Activity:
Copy each record below without changing a single word.

(Dataset entries)
-- -- --
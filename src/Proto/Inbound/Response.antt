-- ===== src/Proto/Inbound/Response.antt =====
-- What `UdpResponsePacket::decode` of src/proto/udp/inbound.rs makes of a datagram.
use ds_rs.Prelude.{
  ==_iff, ltb, take, ℕ, zero, suc, ◌≤◌, ◌<◌, ◌≡◌, ap, ◌∙◌, List, [], ◌∷◌, ◌++◌, append-nil, length,
  length-append, ok, err, panicked, eof, bit_and, ◌==◌, if◌then◌else◌, arith, Bool-cases, inl, inr,
  ◌⊎◌, All,
}
use ds_rs.Crates.{BytesCrate, Bitflags, Float32}
use ds_rs.Ext.{read_u16_be, >>=-panicked}
use ds_rs.Ext.Reads.{read_u8-next, read_u8-end, read_u16_be-next, read_u16_be-short}
use ds_rs.Proto.Inbound.Tags.{
  stub_size, IsTag, tags_bytes, length-tags_bytes, skip_tag_short, skip_tags-nil, skip_tags-enough,
  skip_tags-cases,
}
use ds_rs.Proto.Inbound.{status_all, trace_all, skip_tags, decode}
use ds_rs.Proto.Inbound.Header.{
  Header, header_bytes, IsKnown, packet_of, finish, unknown_flags, decode_header, decode_status,
  decode_flags,
}

module _ (b : BytesCrate) (g : Bitflags) (f : Float32) where
  -- A response whose flags are known and whose tags each have the size of their id is decoded to its
  -- header, and consumed whole.
  pub decode_lem :
      (h : Header) (tags : List (ℕ × List ℕ))
      → IsKnown h
      → All IsTag tags
      → decode b g f (header_bytes h ++ tags_bytes tags) ≡ ok (packet_of f h, [])
  decode_lem h tags known sized =
      let (left, enough, e) =
        skip_tags-enough b tags [] (length (tags_bytes tags)) sized
          (omega (arith, length-tags_bytes tags)) in
      decode_header b g f h (tags_bytes tags) known
      ∙ ap (finish (packet_of f h)) (rw (append-nil) at e ∙ skip_tags-nil b left)

  -- A response whose flags are known, and whose last tag is cut short behind tags that each have
  -- the size of their id, is the error `UnexpectedEof`.
  pub decode_truncated :
      (h : Header) (tags : List (ℕ × List ℕ)) (i : ℕ) (bytes : List ℕ)
      → IsKnown h
      → All IsTag tags
      → length bytes < stub_size i
      → decode b g f (header_bytes h ++ (tags_bytes tags ++ i ∷ bytes)) ≡ err eof
  decode_truncated h tags i bytes known sized short =
      let rest = tags_bytes tags ++ i ∷ bytes in
      let (left, enough, e) =
        skip_tags-enough b tags (i ∷ bytes) (length rest) sized
          (omega (arith, length-tags_bytes tags, length-append (tags_bytes tags) (i ∷ bytes))) in
      decode_header b g f h rest known ∙ ap (finish (packet_of f h)) (e ∙ cut left enough)
    where
      cut : (left : ℕ) → length (i ∷ bytes) ≤ left → skip_tags b left (i ∷ bytes) ≡ err eof
      cut zero le = absurd (omega arith)
      cut (suc left) le = skip_tag_short b i bytes left short

  -- Behind a whole header whose flags are known, any bytes at all are either consumed whole, with
  -- the packet of the header for a result, or the error `UnexpectedEof`: the loop ends.
  pub decode_total :
      (h : Header) (rest : List ℕ)
      → IsKnown h
      → (decode b g f (header_bytes h ++ rest) ≡ ok (packet_of f h, []))
        ⊎ (decode b g f (header_bytes h ++ rest) ≡ err eof)
  decode_total h rest known = elim (skip_tags-cases b (length rest) rest (omega arith)) [
    | inl e ↦ inl (decode_header b g f h rest known ∙ ap (finish (packet_of f h)) e)
    | inr e ↦ inr (decode_header b g f h rest known ∙ ap (finish (packet_of f h)) e)
  ]

  -- A datagram with the eight bytes of a header panics, and is no error, if its status or trace
  -- byte has a bit that is no flag.
  pub decode_panics :
      (h : Header) (rest : List ℕ) → ¬ IsKnown h → decode b g f (header_bytes h ++ rest) ≡ panicked
  unfolding decode
  decode_panics h rest bad = elim (Bool-cases (bit_and h.status status_all == h.status)) [
    | inr e ↦
        read_u16_be-next b _ h.seq_high h.seq_low _
        ∙ read_u8-next b _ h.version _
        ∙ read_u8-next b _ h.status _
        ∙ unknown_flags g status_all h.status (λ p. cc (e, (==_iff _ _).1 p)) _ _
    | inl e ↦
        let known = (==_iff (bit_and h.status status_all) h.status).0 e in
        decode_status b g f h.seq_high h.seq_low h.version h.status _ known
        ∙ read_u8-next b _ h.trace _
        ∙ unknown_flags g trace_all h.trace (λ p. bad (known, p)) _ _
  ]

  -- Of a header whose flags are known, a part of fewer than two bytes panics, and a longer part
  -- that is not the whole is the error `UnexpectedEof`.
  decode_short :
      (h : Header) (n : ℕ)
      → IsKnown h
      → n < 8
      → decode b g f (take n (header_bytes h)) ≡ (if ltb n 2 then panicked else err eof)
  unfolding decode
  decode_short h zero known lt =
      >>=-panicked (read_u16_be b) _ _ (read_u16_be-short b _ (omega arith))
  decode_short h (suc zero) known lt =
      >>=-panicked (read_u16_be b) _ _ (read_u16_be-short b _ (omega arith))
  decode_short h (suc (suc zero)) known lt =
      read_u16_be-next b _ h.seq_high h.seq_low _ ∙ read_u8-end b _
  decode_short h (suc (suc (suc zero))) known lt =
      read_u16_be-next b _ h.seq_high h.seq_low _ ∙ read_u8-next b _ h.version _ ∙ read_u8-end b _
  decode_short h (suc (suc (suc (suc zero)))) known lt =
      decode_status b g f h.seq_high h.seq_low h.version h.status [] known.0 ∙ read_u8-end b _
  decode_short h (suc (suc (suc (suc (suc zero))))) known lt =
      decode_flags b g f h.seq_high h.seq_low h.version h.status h.trace _ known.0 known.1
      ∙ read_u8-end b _
  decode_short h (suc (suc (suc (suc (suc (suc zero)))))) known lt =
      decode_flags b g f h.seq_high h.seq_low h.version h.status h.trace _ known.0 known.1
      ∙ read_u8-next b _ h.high _
      ∙ read_u8-end b _
  decode_short h (suc (suc (suc (suc (suc (suc (suc zero))))))) known lt =
      decode_flags b g f h.seq_high h.seq_low h.version h.status h.trace _ known.0 known.1
      ∙ read_u8-next b _ h.high _
      ∙ read_u8-next b _ h.low _
      ∙ read_u8-end b _
  decode_short h (suc (suc (suc (suc (suc (suc (suc (suc n)))))))) known lt = absurd (omega arith)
-- -- --
Task solution:
filename src/Proto/Inbound/Response.antt
-- ===== src/Proto/Inbound/Response.antt =====
-- What `UdpResponsePacket::decode` of src/proto/udp/inbound.rs makes of a datagram.
use ds_rs.Prelude.{
  ==_iff, ltb, take, ℕ, zero, suc, ◌≤◌, ◌<◌, ◌≡◌, ap, ◌∙◌, List, [], ◌∷◌, ◌++◌, append-nil, length,
  length-append, ok, err, panicked, eof, bit_and, ◌==◌, if◌then◌else◌, arith, Bool-cases, inl, inr,
  ◌⊎◌, All,
}
use ds_rs.Crates.{BytesCrate, Bitflags, Float32}
use ds_rs.Ext.{read_u16_be, >>=-panicked}
use ds_rs.Ext.Reads.{read_u8-next, read_u8-end, read_u16_be-next, read_u16_be-short}
use ds_rs.Proto.Inbound.Tags.{
  stub_size, IsTag, tags_bytes, length-tags_bytes, skip_tag_short, skip_tags-nil, skip_tags-enough,
  skip_tags-cases,
}
use ds_rs.Proto.Inbound.{status_all, trace_all, skip_tags, decode}
use ds_rs.Proto.Inbound.Header.{
  Header, header_bytes, IsKnown, packet_of, finish, unknown_flags, decode_header, decode_status,
  decode_flags,
}

module _ (b : BytesCrate) (g : Bitflags) (f : Float32) where
  -- A response whose flags are known and whose tags each have the size of their id is decoded to its
  -- header, and consumed whole.
  pub decode_lem :
      (h : Header) (tags : List (ℕ × List ℕ))
      → IsKnown h
      → All IsTag tags
      → decode b g f (header_bytes h ++ tags_bytes tags) ≡ ok (packet_of f h, [])
  decode_lem h tags known sized =
      let (left, enough, e) =
        skip_tags-enough b tags [] (length (tags_bytes tags)) sized
          (omega (arith, length-tags_bytes tags)) in
      decode_header b g f h (tags_bytes tags) known
      ∙ ap (finish (packet_of f h)) (rw (append-nil) at e ∙ skip_tags-nil b left)

  -- A response whose flags are known, and whose last tag is cut short behind tags that each have
  -- the size of their id, is the error `UnexpectedEof`.
  pub decode_truncated :
      (h : Header) (tags : List (ℕ × List ℕ)) (i : ℕ) (bytes : List ℕ)
      → IsKnown h
      → All IsTag tags
      → length bytes < stub_size i
      → decode b g f (header_bytes h ++ (tags_bytes tags ++ i ∷ bytes)) ≡ err eof
  decode_truncated h tags i bytes known sized short =
      let rest = tags_bytes tags ++ i ∷ bytes in
      let (left, enough, e) =
        skip_tags-enough b tags (i ∷ bytes) (length rest) sized
          (omega (arith, length-tags_bytes tags, length-append (tags_bytes tags) (i ∷ bytes))) in
      decode_header b g f h rest known ∙ ap (finish (packet_of f h)) (e ∙ cut left enough)
    where
      cut : (left : ℕ) → length (i ∷ bytes) ≤ left → skip_tags b left (i ∷ bytes) ≡ err eof
      cut zero le = absurd (omega arith)
      cut (suc left) le = skip_tag_short b i bytes left short

  -- Behind a whole header whose flags are known, any bytes at all are either consumed whole, with
  -- the packet of the header for a result, or the error `UnexpectedEof`: the loop ends.
  pub decode_total :
      (h : Header) (rest : List ℕ)
      → IsKnown h
      → (decode b g f (header_bytes h ++ rest) ≡ ok (packet_of f h, []))
        ⊎ (decode b g f (header_bytes h ++ rest) ≡ err eof)
  decode_total h rest known = elim (skip_tags-cases b (length rest) rest (omega arith)) [
    | inl e ↦ inl (decode_header b g f h rest known ∙ ap (finish (packet_of f h)) e)
    | inr e ↦ inr (decode_header b g f h rest known ∙ ap (finish (packet_of f h)) e)
  ]

  -- A datagram with the eight bytes of a header panics, and is no error, if its status or trace
  -- byte has a bit that is no flag.
  pub decode_panics :
      (h : Header) (rest : List ℕ) → ¬ IsKnown h → decode b g f (header_bytes h ++ rest) ≡ panicked
  unfolding decode
  decode_panics h rest bad = elim (Bool-cases (bit_and h.status status_all == h.status)) [
    | inr e ↦
        read_u16_be-next b _ h.seq_high h.seq_low _
        ∙ read_u8-next b _ h.version _
        ∙ read_u8-next b _ h.status _
        ∙ unknown_flags g status_all h.status (λ p. cc (e, (==_iff _ _).1 p)) _ _
    | inl e ↦
        let known = (==_iff (bit_and h.status status_all) h.status).0 e in
        decode_status b g f h.seq_high h.seq_low h.version h.status _ known
        ∙ read_u8-next b _ h.trace _
        ∙ unknown_flags g trace_all h.trace (λ p. bad (known, p)) _ _
  ]

  -- Of a header whose flags are known, a part of fewer than two bytes panics, and a longer part
  -- that is not the whole is the error `UnexpectedEof`.
  decode_short :
      (h : Header) (n : ℕ)
      → IsKnown h
      → n < 8
      → decode b g f (take n (header_bytes h)) ≡ (if ltb n 2 then panicked else err eof)
  unfolding decode
  decode_short h zero known lt =
      >>=-panicked (read_u16_be b) _ _ (read_u16_be-short b _ (omega arith))
  decode_short h (suc zero) known lt =
      >>=-panicked (read_u16_be b) _ _ (read_u16_be-short b _ (omega arith))
  decode_short h (suc (suc zero)) known lt =
      read_u16_be-next b _ h.seq_high h.seq_low _ ∙ read_u8-end b _
  decode_short h (suc (suc (suc zero))) known lt =
      read_u16_be-next b _ h.seq_high h.seq_low _ ∙ read_u8-next b _ h.version _ ∙ read_u8-end b _
  decode_short h (suc (suc (suc (suc zero)))) known lt =
      decode_status b g f h.seq_high h.seq_low h.version h.status [] known.0 ∙ read_u8-end b _
  decode_short h (suc (suc (suc (suc (suc zero))))) known lt =
      decode_flags b g f h.seq_high h.seq_low h.version h.status h.trace _ known.0 known.1
      ∙ read_u8-end b _
  decode_short h (suc (suc (suc (suc (suc (suc zero)))))) known lt =
      decode_flags b g f h.seq_high h.seq_low h.version h.status h.trace _ known.0 known.1
      ∙ read_u8-next b _ h.high _
      ∙ read_u8-end b _
  decode_short h (suc (suc (suc (suc (suc (suc (suc zero))))))) known lt =
      decode_flags b g f h.seq_high h.seq_low h.version h.status h.trace _ known.0 known.1
      ∙ read_u8-next b _ h.high _
      ∙ read_u8-next b _ h.low _
      ∙ read_u8-end b _
  decode_short h (suc (suc (suc (suc (suc (suc (suc (suc n)))))))) known lt = absurd (omega arith)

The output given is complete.